Seems like at a minimum, if you are doing your own random number generator, you should have a test harness that runs the chi squared test and compare against a known good random number source. I wonder how many other automated tests one could stack up against a crypto codebase to do that kind of basic checking.
The problem is having to build your own random number generator at all, and it's a consequence of doing cryptography in browser Javascript.
Designing a robust CSPRNG is as hard a problem as designing a block cipher mode or a MAC; it's "systemsier" than designing your own block cipher core, but about on par with coming up with a simple authenticated encryption mode. By way of example, CSPRNG design gets extensive treatment in its own chapter in Schneier and Furgusen's _Practical Cryptography_, and it's one of the few chapters that highlights the authors own work.
Cryptocat uses JS inside of a Chrome extension to avoid the chicken/egg secure load problem (I'm ambivalent about this approach). But Chrome extension JS doesn't avoid the other problems of browser Javascript crypto, and here's an example of why: it forced Cryptocat to attempt the design of a custom CSPRNG.

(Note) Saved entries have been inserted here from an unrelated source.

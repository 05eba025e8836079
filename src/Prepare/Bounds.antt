-- ===== src/Prepare/Bounds.antt =====
-- The limits that `fm_prepare_create_info` sets.
use mathlib.Core.Path.{subst}
use native.Mathlib.Nat.{div-mul-le_self, mul-le-mul_right}
use fastmem_mariadb.Prelude.{
  ℕ, zero, suc, ◌*◌, ◌/◌, ◌≤◌, ◌<◌, ◌≡◌, ◌≢◌, sym, Bool, false, not, ◌&&◌, List, [], ◌∷◌, ◌==◌, ltb,
  if◌then◌else◌, length, Bool-cases, inl, inr, arith,
}
use fastmem_mariadb.KeyDef.{Charset}
use fastmem_mariadb.Registry.{CreateInfo}
use fastmem_mariadb.Prepare.{
  KeyTypes, Key, SqlTable, prepared, make_keydef, keydef_at, mem_per_row, estimate, longest,
  prepare_create_info, has_btree,
}

-- What is prepared, where it is.
pub prepared-ci :
    (ha : KeyTypes) (cb : Charset) (t : SqlTable) (internal granted : Bool) (ci : CreateInfo)
    → prepare_create_info ha cb t internal granted ≡ prepared ci
    → (ci.keydef ≡ keydef_at ha cb t.key_info)
      × (ci.keys ≡ length t.key_info)
      × (ci.max_key_length ≡ longest ha cb t.key_info 0)
      × (ci.max_records ≡ estimate t)
      × (has_btree t.key_info ≡ false)
unfolding prepare_create_info
prepared-ci ha cb t internal granted ci e = ground arith

longest-ge : (ha : KeyTypes) (cb : Charset) (keys : List Key) (n : ℕ) → n ≤ longest ha cb keys n
unfolding longest
longest-ge ha cb [] n = omega arith
longest-ge ha cb (key ∷ keys) n =
    ground (arith, longest-ge ha cb keys n, longest-ge ha cb keys (make_keydef ha cb key).length)

longest-bounds :
    (ha : KeyTypes) (cb : Charset) (keys : List Key) (n k : ℕ)
    → k < length keys
    → (keydef_at ha cb keys k).length ≤ longest ha cb keys n
unfolding longest keydef_at
longest-bounds ha cb [] n k lt = absurd (omega arith)
longest-bounds ha cb (key ∷ keys) n zero lt =
    ground (arith, longest-ge ha cb keys n, longest-ge ha cb keys (make_keydef ha cb key).length)
longest-bounds ha cb (key ∷ keys) n (suc k) lt =
    longest-bounds ha cb keys
      (if ltb n (make_keydef ha cb key).length then (make_keydef ha cb key).length else n) k
      (omega arith)

abbrev pub max_table_size : SqlTable → ℕ
max_table_size t = if ltb t.max_heap_table_size 8 then 8 else t.max_heap_table_size

clamp-bounds :
    (fit rows m size : ℕ)
    → fit * m ≤ size
    → let limited = if not (rows == 0) && ltb rows fit then rows else fit in
      let e = if limited == 0 then 1 else limited in
      (0 < e) × (rows ≢ 0 → e ≤ rows) × (e ≢ 1 → e * m ≤ size)
clamp-bounds fit rows m size room = elim (Bool-cases (not (rows == 0) && ltb rows fit)) [
  | inl clamped ↦
      let less : rows * m ≤ fit * m = mul-le-mul_right m (ground (arith, clamped)) in
      rw clamped (ground arith, (λ some_rows. ground arith), (λ more. ground arith))
  | inr free ↦ rw free (ground arith, (λ some_rows. ground (arith, free)), (λ more. ground arith))
]

pub estimate-bounds :
    (t : SqlTable)
    → (0 < estimate t)
      × (t.max_rows ≢ 0 → estimate t ≤ t.max_rows)
      × (estimate t ≢ 1 → estimate t * mem_per_row t ≤ max_table_size t)
unfolding estimate
estimate-bounds t =
    let size = max_table_size t in
    clamp-bounds (size / mem_per_row t) t.max_rows (mem_per_row t) size
      (div-mul-le_self size (mem_per_row t))

abbrev pub Bounded : KeyTypes → Charset → SqlTable → CreateInfo → Type 0
Bounded ha cb t ci =
    (0 < ci.max_records)
    × (t.max_rows ≢ 0 → ci.max_records ≤ t.max_rows)
    × (ci.max_records ≢ 1 → ci.max_records * mem_per_row t ≤ max_table_size t)
    × ((k : ℕ) → k < ci.keys → (ci.keydef k).length ≤ ci.max_key_length)

-- Where the information for a create is prepared, the limit of rows is at least 1, at most `max_rows` where
-- the table sets that, and its rows fit into the maximal table size unless it is 1; and no key is
-- longer than `max_key_length`.
pub prepare_create_info-Bounded :
    (ha : KeyTypes) (cb : Charset) (t : SqlTable) (internal granted : Bool) (ci : CreateInfo)
    → prepare_create_info ha cb t internal granted ≡ prepared ci
    → Bounded ha cb t ci
prepare_create_info-Bounded ha cb t internal granted ci e =
    let (defs, keys, longest_key, records, _) = prepared-ci ha cb t internal granted ci e in
    let (some_row, rows, size) = estimate-bounds t in
    (
      ground (arith, records, some_row),
      (λ limit. ground (arith, records, rows limit)),
      (λ more. subst (λ n. n ≢ 1 → n * mem_per_row t ≤ max_table_size t) (sym records) size more),
      (λ k lt.
          subst (λ d. (d k).length ≤ ci.max_key_length) (sym defs)
            (subst (λ n. (keydef_at ha cb t.key_info k).length ≤ n) (sym longest_key)
              (longest-bounds ha cb t.key_info 0 k (omega (arith, keys))))),
    )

You are running the chi-square against the claimed distribution of the RNG, not against another RNG. Which is just about enough to use the RNG for simulating dice rolls ( sometimes, if the players are not too passionate). RNG can have a lot more subtile flaws, for example the RNGs from the ANSI C rand() with the suggested parameters lie in just a few thousand planes, if you construct points in some vector space out of the random numbers. ( That is bad, if you want to run Monte Carlo integration, because your error estimate improves, but not the accuracy of the result.)
So even for simulation you can have rather subtle effects, even though there you get bitten just by bad luck. The task for cryptographically secure random number generators is actually quite a bit harder, because a attacker tries to exploit any weakness in your RNG, but your tests do only tell you which specific attacks do not work.
The ANSI C rand() doesn't actually specify any particular algorithm. The complete set of requirements for rand() is just that: rand() computes a sequence of pseudo-random integers in the range 0 to RAND_MAX; RAND_MAX must be at least 32767; if srand() is called with the same seed value, the same sequence of values will be produced; calling rand() before calling srand() acts as if srand() had been called with a seed of 1; and no library function can peturb the pseudo-random sequence.
Historical C standard library implementations did tend to use the same or similar LCRNGs, but that was never a requirement, and is no longer the case.
Just run NIST DieHard or similar. Of course that is only a statistical test which is necessary but not sufficient for CSPRNG but it can help find problems like this.